Servidor não pode obter licença apenas com atestado de médico particular

Licenças emitidas para servidores por médicos particulares precisam ser homologadas pela administração por meio de perícia de médico do sistema público. O entendimento é da 1ª Turma do Tribunal Regional Federal da 3ª Região, que confirmou tese da primeira instância em caso recente.

No caso analisado, o servidor alegou a validade dos atestados médicos apresentados e afirmou que não compareceu às perícias agendadas porque sua condição de saúde piorou e também pela grande distância entre sua residência e a cidade de São Paulo.

O homem disse ainda que durante a tramitação do processo no primeiro grau ele foi submetido a nova perícia, realizada por médicos da União e que, consequentemente, foram homologados todos os atestados médicos particulares objetos do mandado de segurança. Ele declarou que, na ocasião, a autoridade coatora agiu com má-fé e deixou de comunicar o juízo de primeiro grau sobre essa homologação, o que, na época, provocaria a perda de objeto da ação.

Intimada a se manifestar, a União afirmou que a sentença reconheceu a ilegalidade do ato de homologação de perícias médicas particulares e que a administração nada mais fez do que cumprir a sentença e aplicar o previsto no artigo 202, parágrafo 4º, da Lei 8.112/90.

Controvérsia determinada

Ao analisar o caso, o TRF-3 disse que a controvérsia está em determinar se a apresentação de atestados assinados por médico particular é suficiente para autorizar a concessão e a manutenção de licença para tratamento de saúde, inclusive com a liberação da pessoa de se submeter à inspeção médica oficial determinada pela administração pública.

Na época dos fatos, a Lei 8.112/90 previa que, estando o servidor público lotado em região em que haja médicos oficiais da administração, não é possível a aceitação de atestado particular (artigo 203, parágrafos 2º e 3º).

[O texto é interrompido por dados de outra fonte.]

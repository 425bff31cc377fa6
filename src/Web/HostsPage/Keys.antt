-- ===== src/Web/HostsPage/Keys.antt =====
-- The order that the hosts page promises for each sort key, and that the comparison of
-- `sortHostsForHostsPage` gives it.
use hosthalla.Base.{
  ℕ, zero, suc, ◌-◌, ℤ, pos, negsuc, ◌≡◌, refl, Bool, true, false, not, ◌&&◌, ◌||◌, List, [], ◌∷◌,
  if◌then◌else◌, ltb, ◌==◌, text_eq, arith, Bool-cases, inl, inr, text_before,
}
use hosthalla.Text.{Text, Unicode, codes, to_lower}
use hosthalla.Model.{Host}
use hosthalla.Web.Badges.{Float64, Badges}
use hosthalla.Web.HostsPage.{
  HostsPageQuery, PageData, host_status, host_status_rank, difference, compare_text, compare_time,
  compare_float, usage, rank, is_zero, is_positive, is_negative, compare_keys, compare_names,
  compare_hosts, host_before,
}

-- The statuses in their order; any other comes after them. Places count from 1.
abbrev pub statuses : List Text
statuses = codes "reporting" ∷ codes "waiting" ∷ codes "stale" ∷ codes "warning" ∷ []

abbrev pub place_in : List Text → Text → ℕ
place_in [] word = 1
place_in (w ∷ words) word = let rest = place_in words word in if word == w then 1 else suc rest

-- The rule that is listed under a name, or else the last.
abbrev pub rule_for :
    List (Text × (Host → Host → Bool)) → Text → (Host → Host → Bool) → Host → Host → Bool
rule_for [] key otherwise = otherwise
rule_for ((name, rule) ∷ rules) key otherwise =
    if key == name then rule else rule_for rules key otherwise

module _ ⦃u : Unicode⦄ ⦃f : Float64⦄ (query : HostsPageQuery) (page : PageData) (now : ℕ) where
  abbrev pub name_less : Host → Host → Bool
  name_less l r = text_before (to_lower l.name) (to_lower r.name)

  abbrev pub status_place : Host → ℕ
  status_place h = place_in statuses (host_status h (page.methods h.id) (page.badges h.id) now)

  abbrev pub usage_less : (Badges → ℕ) → Host → Host → Bool
  usage_less field l r = f.less (usage field (page.badges l.id)) (usage field (page.badges r.id))

  abbrev pub key_rules : List (Text × (Host → Host → Bool))
  key_rules =
      (codes "name", name_less)
      ∷ (codes "status", λ l r. ltb (status_place l) (status_place r))
      ∷ (codes "address", λ l r. text_before l.ip r.ip)
      ∷ (codes "cpu", usage_less (λ b. b.cpu_usage_percentage))
      ∷ (codes "memory", usage_less (λ b. b.memory_usage_percentage))
      ∷ (codes "disk", usage_less (λ b. b.disk_usage_percentage))
      ∷ (codes "updated", λ l r. ltb l.updated_at r.updated_at)
      ∷ []

  -- By the key; the default is the time of creation.
  abbrev pub key_less : Host → Host → Bool
  key_less = rule_for key_rules query.sort_key (λ l r. ltb l.created_at r.created_at)

  -- By the key, and by the name where the key makes no difference.
  abbrev pub less : Host → Host → Bool
  less l r = key_less l r || (not (key_less r l) && name_less l r)

  abbrev pub belongs_before : Host → Host → Bool
  belongs_before l r = if query.sort_direction == codes "desc" then less r l else less l r

pub text_before_asym : (a b : Text) → text_before a b ≡ true → text_before b a ≡ false
unfolding text_before
text_before_asym [] [] h = cc
text_before_asym [] (b ∷ t) h = refl
text_before_asym (a ∷ s) [] h = cc
text_before_asym (a ∷ s) (b ∷ t) h = ground (arith, text_before_asym s t)

-- The sign of a comparison tells which side is less.
abbrev IsSign : ℤ → Bool → Bool → Type 0
IsSign c l_less r_less = (is_negative c ≡ l_less) × (is_positive c ≡ r_less)

compare_text-IsSign : (a b : Text) → IsSign (compare_text a b) (text_before a b) (text_before b a)
unfolding compare_text
compare_text-IsSign a b = ground (arith, text_before_asym a b)

compare_time-IsSign : (a b : ℕ) → IsSign (compare_time a b) (ltb a b) (ltb b a)
unfolding compare_time
compare_time-IsSign a b = ground arith

compare_float-IsSign :
    ⦃f : Float64⦄ (a b : ℕ) → IsSign (compare_float a b) (f.less a b) (f.less b a)
unfolding compare_float
compare_float-IsSign ⦃f⦄ a b = ground (arith, f.less_asym a b)

is_positive-pos : (n : ℕ) → is_positive (pos n) ≡ ltb 0 n
is_positive-pos zero = refl
is_positive-pos (suc n) = ground arith

difference-IsSign : (a b : ℕ) → IsSign (difference a b) (ltb a b) (ltb b a)
difference-IsSign a b = (ground arith, ground (arith, is_positive-pos (a - b)))

status_rank-place_in : (word : Text) → host_status_rank word ≡ place_in statuses word
unfolding host_status_rank
status_rank-place_in word = ground arith

either-IsSign :
    (b : Bool) (v w : ℤ) (p q : Host → Host → Bool) (l r : Host)
    → IsSign v (p l r) (p r l)
    → IsSign w (q l r) (q r l)
    → IsSign (if b then v else w) ((if b then p else q) l r) ((if b then p else q) r l)
either-IsSign true v w p q l r h k = h
either-IsSign false v w p q l r h k = k

-- The name decides where the comparison by the key is 0.
or_names-IsSign :
    (k n : ℤ) (kl kr nl nr : Bool)
    → IsSign k kl kr
    → IsSign n nl nr
    → IsSign (if is_zero k then n else k) (kl || (not kr && nl)) (kr || (not kl && nr))
or_names-IsSign (pos zero) n kl kr nl nr (a, b) (c, d) = ground (arith, a, b, c, d)
or_names-IsSign (pos (suc m)) n kl kr nl nr (a, b) (c, d) = ground (arith, a, b, c, d)
or_names-IsSign (negsuc m) n kl kr nl nr (a, b) (c, d) = ground (arith, a, b, c, d)

module _ ⦃u : Unicode⦄ ⦃f : Float64⦄ (query : HostsPageQuery) (page : PageData) (now : ℕ) where
  abbrev lesser : Host → Host → Bool
  lesser = key_less query page now

  compare_names-IsSign :
      (l r : Host)
      → IsSign
          (compare_names query page now l r)
          (name_less query page now l r)
          (name_less query page now r l)
  compare_names-IsSign l r = compare_text-IsSign (to_lower l.name) (to_lower r.name)

  rank-IsSign :
      (l r : Host)
      → IsSign
          (difference (rank query page now l) (rank query page now r))
          (ltb (status_place query page now l) (status_place query page now r))
          (ltb (status_place query page now r) (status_place query page now l))
  rank-IsSign l r =
      rw
        (
          status_rank-place_in (host_status l (page.methods l.id) (page.badges l.id) now),
          status_rank-place_in (host_status r (page.methods r.id) (page.badges r.id) now),
        )
        (difference-IsSign _ _)

  compare_keys-IsSign :
      (l r : Host) → IsSign (compare_keys query page now l r) (lesser l r) (lesser r l)
  unfolding compare_keys
  compare_keys-IsSign l r =
      let key = λ (name : Text). query.sort_key == name in
      either-IsSign (key (codes "name")) _ _ _ _ l r (compare_names-IsSign l r) (
        either-IsSign (key (codes "status")) _ _ _ _ l r (rank-IsSign l r) (
          either-IsSign (key (codes "address")) _ _ _ _ l r (compare_text-IsSign l.ip r.ip) (
            either-IsSign (key (codes "cpu")) _ _ _ _ l r (compare_float-IsSign _ _) (
              either-IsSign (key (codes "memory")) _ _ _ _ l r (compare_float-IsSign _ _) (
                either-IsSign (key (codes "disk")) _ _ _ _ l r (compare_float-IsSign _ _) (
                  either-IsSign (key (codes "updated")) _ _ _ _ l r
                    (compare_time-IsSign l.updated_at r.updated_at)
                    (compare_time-IsSign l.created_at r.created_at)))))))

  compare_hosts-IsSign :
      (l r : Host)
      → IsSign
          (compare_hosts query page now l r)
          (less query page now l r)
          (less query page now r l)
  compare_hosts-IsSign l r =
      or_names-IsSign _ _ _ _ _ _ (compare_keys-IsSign l r) (compare_names-IsSign l r)

  pub host_before-belongs_before :
      (l r : Host) → host_before query page now l r ≡ belongs_before query page now l r
  unfolding host_before
  host_before-belongs_before l r = elim (Bool-cases (query.sort_direction == codes "desc")) [
    | inl desc ↦ rw desc (compare_hosts-IsSign l r).1
    | inr asc ↦ rw asc (compare_hosts-IsSign l r).0
  ]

Prevê também que, em caso de licença médica por período superior a 30 dias, não só era necessária a inspeção médica como a submissão do licenciado a uma junta médica oficial, constituída especificamente para esse fim, inclusive, se fosse o caso, para a homologação de atestados particulares (artigo 203, caput e parágrafo 4º).

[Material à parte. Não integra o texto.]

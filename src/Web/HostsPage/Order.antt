-- ===== src/Web/HostsPage/Order.antt =====
-- The order of the hosts page.
use mathlib.Core.List.{Perm}
use mathlib.Core.List.Perm
use hosthalla.Base.{
  ℕ, zero, suc, ◌-◌, ℤ, pos, negsuc, ◌≡◌, refl, sym, ◌∙◌, Bool, true, false, List, [], ◌∷◌,
  if◌then◌else◌, ltb, ◌==◌, text_eq, arith, Bool-cases, inl, inr, sort_by, insert_sorted,
}
use hosthalla.Text.{Text, Unicode, codes, to_lower}
use hosthalla.Model.{Host}
use hosthalla.Web.Badges.{Float64}
use hosthalla.Web.HostsPage.{
  HostsPageQuery, PageData, difference, compare_text, compare_time, compare_float, is_zero,
  is_positive, is_negative, compare_keys, compare_names, compare_hosts, host_before, sort_hosts,
}
use hosthalla.Web.HostsPage.Keys.{text_before_asym, belongs_before, host_before-belongs_before}

module _ {A : Type 0} (before : A → A → Bool) where
  -- No entry belongs before the one that it follows.
  abbrev pub IsOrdered : List A → Type 0
  IsOrdered [] = Unit
  IsOrdered (x ∷ []) = Unit
  IsOrdered (x ∷ y ∷ rest) = (before y x ≡ false) × IsOrdered (y ∷ rest)

  module _ (asym : (x y : A) → before x y ≡ true → before y x ≡ false) where
    insert-cons :
        (y x : A) (ys : List A)
        → before x y ≡ false
        → IsOrdered (y ∷ ys)
        → IsOrdered (insert_sorted before x ys)
        → IsOrdered (y ∷ insert_sorted before x ys)
    unfolding insert_sorted
    insert-cons y x [] le h k = (le, tt)
    insert-cons y x (z ∷ zs) le h k = elim (Bool-cases (before z x)) [
      | inl less ↦ rw less (h.0, rw less at k)
      | inr more ↦ rw more (le, rw more at k)
    ]

    insert_sorted-IsOrdered :
        (x : A) (ys : List A) → IsOrdered ys → IsOrdered (insert_sorted before x ys)
    unfolding insert_sorted
    insert_sorted-IsOrdered x [] h = tt
    insert_sorted-IsOrdered x (y ∷ ys) h = elim (Bool-cases (before y x)) [
      | inl less ↦
          rw less
            (insert-cons y x ys (asym y x less) h (insert_sorted-IsOrdered x ys (tail y ys h)))
      | inr more ↦ rw more (more, h)
    ]
      where
        tail : (y : A) (ys : List A) → IsOrdered (y ∷ ys) → IsOrdered ys
        tail y [] h = tt
        tail y (z ∷ zs) h = h.1

    sort_by-IsOrdered : (xs : List A) → IsOrdered (sort_by before xs)
    unfolding sort_by
    sort_by-IsOrdered [] = tt
    sort_by-IsOrdered (x ∷ xs) =
        insert_sorted-IsOrdered x (sort_by before xs) (sort_by-IsOrdered xs)

  insert_sorted-perm : (x : A) (ys : List A) → Perm (insert_sorted before x ys) (x ∷ ys)
  unfolding insert_sorted
  insert_sorted-perm x [] = Perm.refl (x ∷ [])
  insert_sorted-perm x (y ∷ ys) = elim (Bool-cases (before y x)) [
    | inl less ↦ rw less (Perm.trans (Perm.cons y (insert_sorted-perm x ys)) (Perm.swap x y ys))
    | inr more ↦ rw more (Perm.refl (x ∷ y ∷ ys))
  ]

  sort_by-perm : (xs : List A) → Perm (sort_by before xs) xs
  unfolding sort_by
  sort_by-perm [] = Perm.refl []
  sort_by-perm (x ∷ xs) =
      Perm.trans (insert_sorted-perm x (sort_by before xs)) (Perm.cons x (sort_by-perm xs))

IsOrdered-same :
    {A : Type 0} (p q : A → A → Bool)
    → ((x y : A) → p x y ≡ q x y)
    → (xs : List A) → IsOrdered p xs
    → IsOrdered q xs
IsOrdered-same p q same [] h = tt
IsOrdered-same p q same (x ∷ []) h = tt
IsOrdered-same p q same (x ∷ y ∷ rest) (first, h) =
    (sym (same y x) ∙ first, IsOrdered-same p q same (y ∷ rest) h)

-- The sign of a comparison turns over with its arguments.
abbrev IsOpposite : ℤ → ℤ → Type 0
IsOpposite a b = (is_positive a ≡ is_negative b) × (is_negative a ≡ is_positive b)

compare_text-IsOpposite : (a b : Text) → IsOpposite (compare_text a b) (compare_text b a)
unfolding compare_text
compare_text-IsOpposite a b = ground (arith, text_before_asym a b, text_before_asym b a)

compare_time-IsOpposite : (a b : ℕ) → IsOpposite (compare_time a b) (compare_time b a)
unfolding compare_time
compare_time-IsOpposite a b = ground arith

is_positive-pos : (n : ℕ) → is_positive (pos n) ≡ ltb 0 n
is_positive-pos zero = refl
is_positive-pos (suc n) = ground arith

is_positive-difference : (a b : ℕ) → is_positive (difference a b) ≡ ltb b a
is_positive-difference a b = ground (arith, is_positive-pos (a - b))

is_negative-difference : (a b : ℕ) → is_negative (difference a b) ≡ ltb a b
is_negative-difference a b = ground arith

difference-IsOpposite : (a b : ℕ) → IsOpposite (difference a b) (difference b a)
difference-IsOpposite a b = (
  is_positive-difference a b ∙ sym (is_negative-difference b a),
  is_negative-difference a b ∙ sym (is_positive-difference b a),
)

compare_float-IsOpposite :
    ⦃f : Float64⦄ (a b : ℕ) → IsOpposite (compare_float a b) (compare_float b a)
unfolding compare_float
compare_float-IsOpposite ⦃f⦄ a b = ground (arith, f.less_asym a b, f.less_asym b a)

either-IsOpposite :
    (b : Bool) (v w x y : ℤ)
    → IsOpposite v w
    → IsOpposite x y
    → IsOpposite (if b then v else x) (if b then w else y)
either-IsOpposite true v w x y h k = h
either-IsOpposite false v w x y h k = k

-- A number that is not 0 has one of the two signs.
unless_zero : (a b : ℤ) → IsOpposite a b → is_zero a ≡ is_zero b
unless_zero (pos zero) (pos zero) h = refl
unless_zero (pos zero) (pos (suc n)) h = cc
unless_zero (pos zero) (negsuc n) h = cc
unless_zero (pos (suc m)) (pos zero) h = cc
unless_zero (pos (suc m)) (pos (suc n)) h = refl
unless_zero (pos (suc m)) (negsuc n) h = refl
unless_zero (negsuc m) (pos zero) h = cc
unless_zero (negsuc m) (pos (suc n)) h = refl
unless_zero (negsuc m) (negsuc n) h = refl

positive_not_negative : (a : ℤ) → is_positive a ≡ true → is_negative a ≡ false
positive_not_negative (pos n) h = refl
positive_not_negative (negsuc n) h = cc

negative_not_positive : (a : ℤ) → is_negative a ≡ true → is_positive a ≡ false
negative_not_positive (pos n) h = cc
negative_not_positive (negsuc n) h = refl

module _ ⦃u : Unicode⦄ ⦃f : Float64⦄ (query : HostsPageQuery) (page : PageData) (now : ℕ) where
  compare_names-IsOpposite :
      (l r : Host)
      → IsOpposite (compare_names query page now l r) (compare_names query page now r l)
  compare_names-IsOpposite l r = compare_text-IsOpposite (to_lower l.name) (to_lower r.name)

  compare_keys-IsOpposite :
      (l r : Host) → IsOpposite (compare_keys query page now l r) (compare_keys query page now r l)
  unfolding compare_keys
  compare_keys-IsOpposite l r =
      let key = λ (name : Text). query.sort_key == name in
      either-IsOpposite (key (codes "name")) _ _ _ _ (compare_names-IsOpposite l r) (
        either-IsOpposite (key (codes "status")) _ _ _ _ (difference-IsOpposite _ _) (
          either-IsOpposite (key (codes "address")) _ _ _ _ (compare_text-IsOpposite l.ip r.ip) (
            either-IsOpposite (key (codes "cpu")) _ _ _ _ (compare_float-IsOpposite _ _) (
              either-IsOpposite (key (codes "memory")) _ _ _ _ (compare_float-IsOpposite _ _) (
                either-IsOpposite (key (codes "disk")) _ _ _ _ (compare_float-IsOpposite _ _) (
                  either-IsOpposite (key (codes "updated")) _ _ _ _
                    (compare_time-IsOpposite l.updated_at r.updated_at)
                    (compare_time-IsOpposite l.created_at r.created_at)))))))

  compare_hosts-IsOpposite :
      (l r : Host)
      → IsOpposite (compare_hosts query page now l r) (compare_hosts query page now r l)
  compare_hosts-IsOpposite l r =
      let by_key = compare_keys-IsOpposite l r in
      let by_name = compare_names-IsOpposite l r in
      rw (unless_zero _ _ by_key)
        (either-IsOpposite (is_zero (compare_keys query page now r l)) _ _ _ _ by_name by_key)

  host_before_asym :
      (l r : Host) → host_before query page now l r ≡ true → host_before query page now r l ≡ false
  unfolding host_before
  host_before_asym l r h = elim (Bool-cases (query.sort_direction == codes "desc")) [
    | inl desc ↦ rw desc (
        (compare_hosts-IsOpposite r l).0
        ∙ positive_not_negative (compare_hosts query page now l r) (rw desc at h))
    | inr asc ↦ rw asc (
        (compare_hosts-IsOpposite r l).1
        ∙ negative_not_positive (compare_hosts query page now l r) (rw asc at h))
  ]

  -- For every sort key and direction, `sortHostsForHostsPage` gives the same hosts back, each as
  -- often as before, and none of them belongs before the one that it follows: by the field that the
  -- key names, or the time of creation for any other key, by the name where that makes no
  -- difference, and the other way round if the direction is "desc".
  pub sort_hosts-IsOrdered :
      (hosts : List Host)
      → Perm (sort_hosts query page now hosts) hosts
        × IsOrdered (belongs_before query page now) (sort_hosts query page now hosts)
  unfolding sort_hosts
  sort_hosts-IsOrdered hosts = (
    sort_by-perm (host_before query page now) hosts,
    IsOrdered-same (host_before query page now) (belongs_before query page now)
        (host_before-belongs_before query page now) _
        (sort_by-IsOrdered (host_before query page now) host_before_asym hosts),
  )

“Não basta simples atestado médico particular a fim de comprovar doença para automaticamente estar o servidor liberado de seu emprego e suas funções, já que a lei dispõe em sentido diverso, exigindo a realização de perícia”, afirmou a primeira instância.

O colegiado ressaltou ainda que o servidor não compareceu a três perícias agendadas pela administração — a última delas, em local próximo a sua residência. Assim, o argumento de não comparecimento em razão da distância não pôde ser acolhido.

Quanto à alegada má-fé da autoridade coatora, também não foi dada razão ao interessado. Ao anular a homologação das licenças, a administração não fez mais do que cumprir a lei, exercendo seu poder de autotutela, previsto na Súmula 473 do Supremo Tribunal Federal. (Com informações da Assessoria de Imprensa do TRF-3).